*** Begin section ***
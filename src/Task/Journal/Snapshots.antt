-- ===== src/Task/Journal/Snapshots.antt =====
-- When `SessionJournal::note_event` (crates/h2ai-orchestrator/src/session_journal.rs) takes a snapshot.
use native.Mathlib.Nat.{add-zero, zero-add}
use h2ai_control_plane.Prelude.{
  ℕ, suc, ◌+◌, ◌%◌, ◌≤◌, ◌<◌, ◌≡◌, refl, ap, ◌∙◌, ◌⊎◌, Bool, true, false, Option, none, some, List,
  [], ◌∷◌, arith, ◌==◌, ==_iff, eq_ℕ, length, Bool-cases, inl, inr, if◌then◌else◌,
}
use h2ai_control_plane.HashMap
use h2ai_control_plane.HashMap.{get-insert}
use h2ai_control_plane.Identity.{TaskId}
use h2ai_control_plane.Task.State.{TaskState}
use h2ai_control_plane.Task.Journal.{
  SessionJournal, EventCounter, StateJson, TaskSnapshot, counter_or_new, new_counter, tick,
  note_event,
}

-- A call of `note_event`: its task, its sequence number, the state and the time.
pub record Note : Type 0 where
  pub task_id : TaskId
  pub seq : ℕ
  pub state : TaskState
  pub now : ℕ

abbrev pub notes_of : TaskId → List Note → ℕ
notes_of id [] = 0
notes_of id (n ∷ ns) = let rest = notes_of id ns in if n.task_id == id then suc rest else rest

module _ (json : StateJson) where
  open json use {Text, to_text}

  unfoldable pub note : SessionJournal → Note → SessionJournal × Option (TaskSnapshot Text)
  unfolding note_event
  note j n = note_event json j n.task_id n.seq n.state n.now

  unfoldable pub note_all : SessionJournal → List Note → SessionJournal
  unfolding note
  note_all j [] = j
  note_all j (n ∷ ns) = note_all (note j n).0 ns

abbrev with_counter : SessionJournal → TaskId → EventCounter → SessionJournal
with_counter j id c = record j { counters = HashMap.insert j.counters id c }

-- The counter of a task after another one was stored.
counter-with_counter :
    (j : SessionJournal) (k id : TaskId) (c : EventCounter)
    → counter_or_new (with_counter j k c) id ≡ (if k == id then c else counter_or_new j id)
unfolding counter_or_new
counter-with_counter j k id c = ground (arith, get-insert j.counters k id c)

-- What a task's counter holds when `k` of its events were noted.
abbrev Counted : SessionJournal → TaskId → ℕ → Type 0
Counted j id k = counter_or_new j id ≡ record { interval = j.snapshot_interval; count = k }

abbrev Snapshots : ℕ → SessionJournal → Type 0
Snapshots i j = (j.has_backend ≡ true) × (j.snapshot_interval ≡ i)

module _ (json : StateJson) (i : ℕ) (pos : 0 < i) where
  note_lem :
      (j : SessionJournal) (n : Note) (c : EventCounter) (due : Bool)
      → Snapshots i j
      → tick (counter_or_new j n.task_id) ≡ (c, due)
      → note json j n ≡ (
        with_counter j n.task_id c,
        if due
            then some (record {
              task_id = n.task_id;
              last_sequence = n.seq;
              task_state_json = json.to_text n.state;
              taken_at = n.now;
            })
            else none,
      )
  unfolding note
  note_lem j n c due ok e =
      ground
        (arith, ap (λ (t : EventCounter × Bool). t.0) e, ap (λ (t : EventCounter × Bool). t.1) e)

  tick-Counted :
      (j : SessionJournal) (id : TaskId) (k : ℕ)
      → j.snapshot_interval ≡ i
      → k + 1 < 18446744073709551616
      → Counted j id k
      → tick (counter_or_new j id) ≡ (
        record { interval = j.snapshot_interval; count = k + 1 },
        (k + 1) % j.snapshot_interval == 0,
      )
  unfolding tick
  tick-Counted j id k i small c = rw c (ground arith)

  -- One note moves the counter of its task, and no other.
  note-Counted :
      (j : SessionJournal) (n : Note) (id : TaskId) (k : ℕ)
      → Snapshots i j
      → k + 1 < 18446744073709551616
      → Counted j id k
      → Counted (note json j n).0 id (if n.task_id == id then k + 1 else k)
        × Snapshots i (note json j n).0
  note-Counted j n id k ok small c =
      rw
        (note_lem j n (tick (counter_or_new j n.task_id)).0 (tick (counter_or_new j n.task_id)).1 ok
          refl)
        (
          counter-with_counter j n.task_id id (tick (counter_or_new j n.task_id)).0
              ∙ moved (Bool-cases (n.task_id == id)),
          ok,
        )
    where
      moved :
          ((n.task_id == id) ≡ true) ⊎ ((n.task_id == id) ≡ false)
          → (if n.task_id == id then (tick (counter_or_new j n.task_id)).0 else counter_or_new j id)
            ≡ record {
              interval = j.snapshot_interval;
              count = if n.task_id == id then k + 1 else k;
            }
      moved (inl same) = rw same (
          ap (λ (t : TaskId). (tick (counter_or_new j t)).0) ((==_iff n.task_id id).0 same)
          ∙ ap (λ (t : EventCounter × Bool). t.0) (tick-Counted j id k ok.1 small c))
      moved (inr other) = rw other c

  note_all-Counted :
      (j : SessionJournal) (ns : List Note) (id : TaskId) (k : ℕ)
      → Snapshots i j
      → k + length ns < 18446744073709551616
      → Counted j id k
      → Counted (note_all json j ns) id (k + notes_of id ns) × Snapshots i (note_all json j ns)
  unfolding note_all
  note_all-Counted j [] id k ok small c = (rw add-zero c, ok)
  note_all-Counted j (n ∷ ns) id k ok small c =
      let (c', ok') = note-Counted j n id k ok (omega arith) c in
      let k' = if n.task_id == id then k + 1 else k in
      let sum : k' + notes_of id ns ≡ k + notes_of id (n ∷ ns) = ground arith in
      let fits : k' + length ns < 18446744073709551616 = ground arith in
      rw sum at (note_all-Counted (note json j n).0 ns id k' ok' fits c')

  ticked :
      (j : SessionJournal) (n : Note) (k : ℕ)
      → Snapshots i j
      → k + 1 < 18446744073709551616
      → Counted j n.task_id k
      → (note json j n).1 ≡ (
          if (k + 1) % i == 0
          then some (record {
            task_id = n.task_id;
            last_sequence = n.seq;
            task_state_json = json.to_text n.state;
            taken_at = n.now;
          })
          else none)
  ticked j n k ok small c = rw (note_lem j n _ _ ok (tick-Counted j n.task_id k ok.1 small c), ok.1)

notes_of-le-length : (id : TaskId) (ns : List Note) → notes_of id ns ≤ length ns
notes_of-le-length id [] = omega arith
notes_of-le-length id (n ∷ ns) = ground (arith, notes_of-le-length id ns)

abbrev pub started : ℕ → SessionJournal
started interval = record { has_backend = true; snapshot_interval = interval; counters = [] }

-- A journal with a backend and an interval `i` of snapshots takes a snapshot of a task exactly when
-- the number of events noted for that task is a multiple of `i`, whatever is noted for other tasks.
pub note-snapshot :
    (json : StateJson) (i : ℕ) (ns : List Note) (n : Note)
    → 0 < i
    → length ns + 1 < 18446744073709551616
    → (note json (note_all json (started i) ns) n).1 ≡ (
        if (notes_of n.task_id ns + 1) % i == 0
        then some (record {
          task_id = n.task_id;
          last_sequence = n.seq;
          task_state_json = json.to_text n.state;
          taken_at = n.now;
        })
        else none)
note-snapshot json i ns n pos small =
    let j : SessionJournal = note_all json (started i) ns in
    let begun : Counted (started i) n.task_id 0 =
      unfold counter_or_new new_counter HashMap.get in refl in
    let k = notes_of n.task_id ns in
    let (c, ok) =
      note_all-Counted json i pos (started i) ns n.task_id 0 (refl, refl) (omega arith) begun in
    ticked json i pos j n k ok (omega (arith, notes_of-le-length n.task_id ns)) (rw zero-add at c)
*** End section ***
Retype the listing above in full, with no alterations.

filename src/Task/Journal/Snapshots.antt
-- ===== src/Task/Journal/Snapshots.antt =====
-- When `SessionJournal::note_event` (crates/h2ai-orchestrator/src/session_journal.rs) takes a snapshot.
use native.Mathlib.Nat.{add-zero, zero-add}
use h2ai_control_plane.Prelude.{
  ℕ, suc, ◌+◌, ◌%◌, ◌≤◌, ◌<◌, ◌≡◌, refl, ap, ◌∙◌, ◌⊎◌, Bool, true, false, Option, none, some, List,
  [], ◌∷◌, arith, ◌==◌, ==_iff, eq_ℕ, length, Bool-cases, inl, inr, if◌then◌else◌,
}
use h2ai_control_plane.HashMap
use h2ai_control_plane.HashMap.{get-insert}
use h2ai_control_plane.Identity.{TaskId}
use h2ai_control_plane.Task.State.{TaskState}
use h2ai_control_plane.Task.Journal.{
  SessionJournal, EventCounter, StateJson, TaskSnapshot, counter_or_new, new_counter, tick,
  note_event,
}

-- A call of `note_event`: its task, its sequence number, the state and the time.
pub record Note : Type 0 where
  pub task_id : TaskId
  pub seq : ℕ
  pub state : TaskState
  pub now : ℕ

abbrev pub notes_of : TaskId → List Note → ℕ
notes_of id [] = 0
notes_of id (n ∷ ns) = let rest = notes_of id ns in if n.task_id == id then suc rest else rest

module _ (json : StateJson) where
  open json use {Text, to_text}

  unfoldable pub note : SessionJournal → Note → SessionJournal × Option (TaskSnapshot Text)
  unfolding note_event
  note j n = note_event json j n.task_id n.seq n.state n.now

  unfoldable pub note_all : SessionJournal → List Note → SessionJournal
  unfolding note
  note_all j [] = j
  note_all j (n ∷ ns) = note_all (note j n).0 ns

abbrev with_counter : SessionJournal → TaskId → EventCounter → SessionJournal
with_counter j id c = record j { counters = HashMap.insert j.counters id c }

-- The counter of a task after another one was stored.
counter-with_counter :
    (j : SessionJournal) (k id : TaskId) (c : EventCounter)
    → counter_or_new (with_counter j k c) id ≡ (if k == id then c else counter_or_new j id)
unfolding counter_or_new
counter-with_counter j k id c = ground (arith, get-insert j.counters k id c)

-- What a task's counter holds when `k` of its events were noted.
abbrev Counted : SessionJournal → TaskId → ℕ → Type 0
Counted j id k = counter_or_new j id ≡ record { interval = j.snapshot_interval; count = k }

abbrev Snapshots : ℕ → SessionJournal → Type 0
Snapshots i j = (j.has_backend ≡ true) × (j.snapshot_interval ≡ i)

module _ (json : StateJson) (i : ℕ) (pos : 0 < i) where
  note_lem :
      (j : SessionJournal) (n : Note) (c : EventCounter) (due : Bool)
      → Snapshots i j
      → tick (counter_or_new j n.task_id) ≡ (c, due)
      → note json j n ≡ (
        with_counter j n.task_id c,
        if due
            then some (record {
              task_id = n.task_id;
              last_sequence = n.seq;
              task_state_json = json.to_text n.state;
              taken_at = n.now;
            })
            else none,
      )
  unfolding note
  note_lem j n c due ok e =
      ground
        (arith, ap (λ (t : EventCounter × Bool). t.0) e, ap (λ (t : EventCounter × Bool). t.1) e)

  tick-Counted :
      (j : SessionJournal) (id : TaskId) (k : ℕ)
      → j.snapshot_interval ≡ i
      → k + 1 < 18446744073709551616
      → Counted j id k
      → tick (counter_or_new j id) ≡ (
        record { interval = j.snapshot_interval; count = k + 1 },
        (k + 1) % j.snapshot_interval == 0,
      )
  unfolding tick
  tick-Counted j id k i small c = rw c (ground arith)

  -- One note moves the counter of its task, and no other.
  note-Counted :
      (j : SessionJournal) (n : Note) (id : TaskId) (k : ℕ)
      → Snapshots i j
      → k + 1 < 18446744073709551616
      → Counted j id k
      → Counted (note json j n).0 id (if n.task_id == id then k + 1 else k)
        × Snapshots i (note json j n).0
  note-Counted j n id k ok small c =
      rw
        (note_lem j n (tick (counter_or_new j n.task_id)).0 (tick (counter_or_new j n.task_id)).1 ok
          refl)
        (
          counter-with_counter j n.task_id id (tick (counter_or_new j n.task_id)).0
              ∙ moved (Bool-cases (n.task_id == id)),
          ok,
        )
    where
      moved :
          ((n.task_id == id) ≡ true) ⊎ ((n.task_id == id) ≡ false)
          → (if n.task_id == id then (tick (counter_or_new j n.task_id)).0 else counter_or_new j id)
            ≡ record {
              interval = j.snapshot_interval;
              count = if n.task_id == id then k + 1 else k;
            }
      moved (inl same) = rw same (
          ap (λ (t : TaskId). (tick (counter_or_new j t)).0) ((==_iff n.task_id id).0 same)
          ∙ ap (λ (t : EventCounter × Bool). t.0) (tick-Counted j id k ok.1 small c))
      moved (inr other) = rw other c

  note_all-Counted :
      (j : SessionJournal) (ns : List Note) (id : TaskId) (k : ℕ)
      → Snapshots i j
      → k + length ns < 18446744073709551616
      → Counted j id k
      → Counted (note_all json j ns) id (k + notes_of id ns) × Snapshots i (note_all json j ns)
  unfolding note_all
  note_all-Counted j [] id k ok small c = (rw add-zero c, ok)
  note_all-Counted j (n ∷ ns) id k ok small c =
      let (c', ok') = note-Counted j n id k ok (omega arith) c in
      let k' = if n.task_id == id then k + 1 else k in
      let sum : k' + notes_of id ns ≡ k + notes_of id (n ∷ ns) = ground arith in
      let fits : k' + length ns < 18446744073709551616 = ground arith in
      rw sum at (note_all-Counted (note json j n).0 ns id k' ok' fits c')

  ticked :
      (j : SessionJournal) (n : Note) (k : ℕ)
      → Snapshots i j
      → k + 1 < 18446744073709551616
      → Counted j n.task_id k
      → (note json j n).1 ≡ (
          if (k + 1) % i == 0
          then some (record {
            task_id = n.task_id;
            last_sequence = n.seq;
            task_state_json = json.to_text n.state;
            taken_at = n.now;
          })
          else none)
  ticked j n k ok small c = rw (note_lem j n _ _ ok (tick-Counted j n.task_id k ok.1 small c), ok.1)

notes_of-le-length : (id : TaskId) (ns : List Note) → notes_of id ns ≤ length ns
notes_of-le-length id [] = omega arith
notes_of-le-length id (n ∷ ns) = ground (arith, notes_of-le-length id ns)

abbrev pub started : ℕ → SessionJournal
started interval = record { has_backend = true; snapshot_interval = interval; counters = [] }

-- A journal with a backend and an interval `i` of snapshots takes a snapshot of a task exactly when
-- the number of events noted for that task is a multiple of `i`, whatever is noted for other tasks.
pub note-snapshot :
    (json : StateJson) (i : ℕ) (ns : List Note) (n : Note)
    → 0 < i
    → length ns + 1 < 18446744073709551616
    → (note json (note_all json (started i) ns) n).1 ≡ (
        if (notes_of n.task_id ns + 1) % i == 0
        then some (record {
          task_id = n.task_id;
          last_sequence = n.seq;
          task_state_json = json.to_text n.state;
          taken_at = n.now;
        })
        else none)
note-snapshot json i ns n pos small =
    let j : SessionJournal = note_all json (started i) ns in
    let begun : Counted (started i) n.task_id 0 =
      unfold counter_or_new new_counter HashMap.get in refl in
    let k = notes_of n.task_id ns in
    let (c, ok) =
      note_all-Counted json i pos (started i) ns n.task_id 0 (refl, refl) (omega arith) begun in
    ticked json i pos j n k ok (omega (arith, notes_of-le-length n.task_id ns)) (rw zero-add at c)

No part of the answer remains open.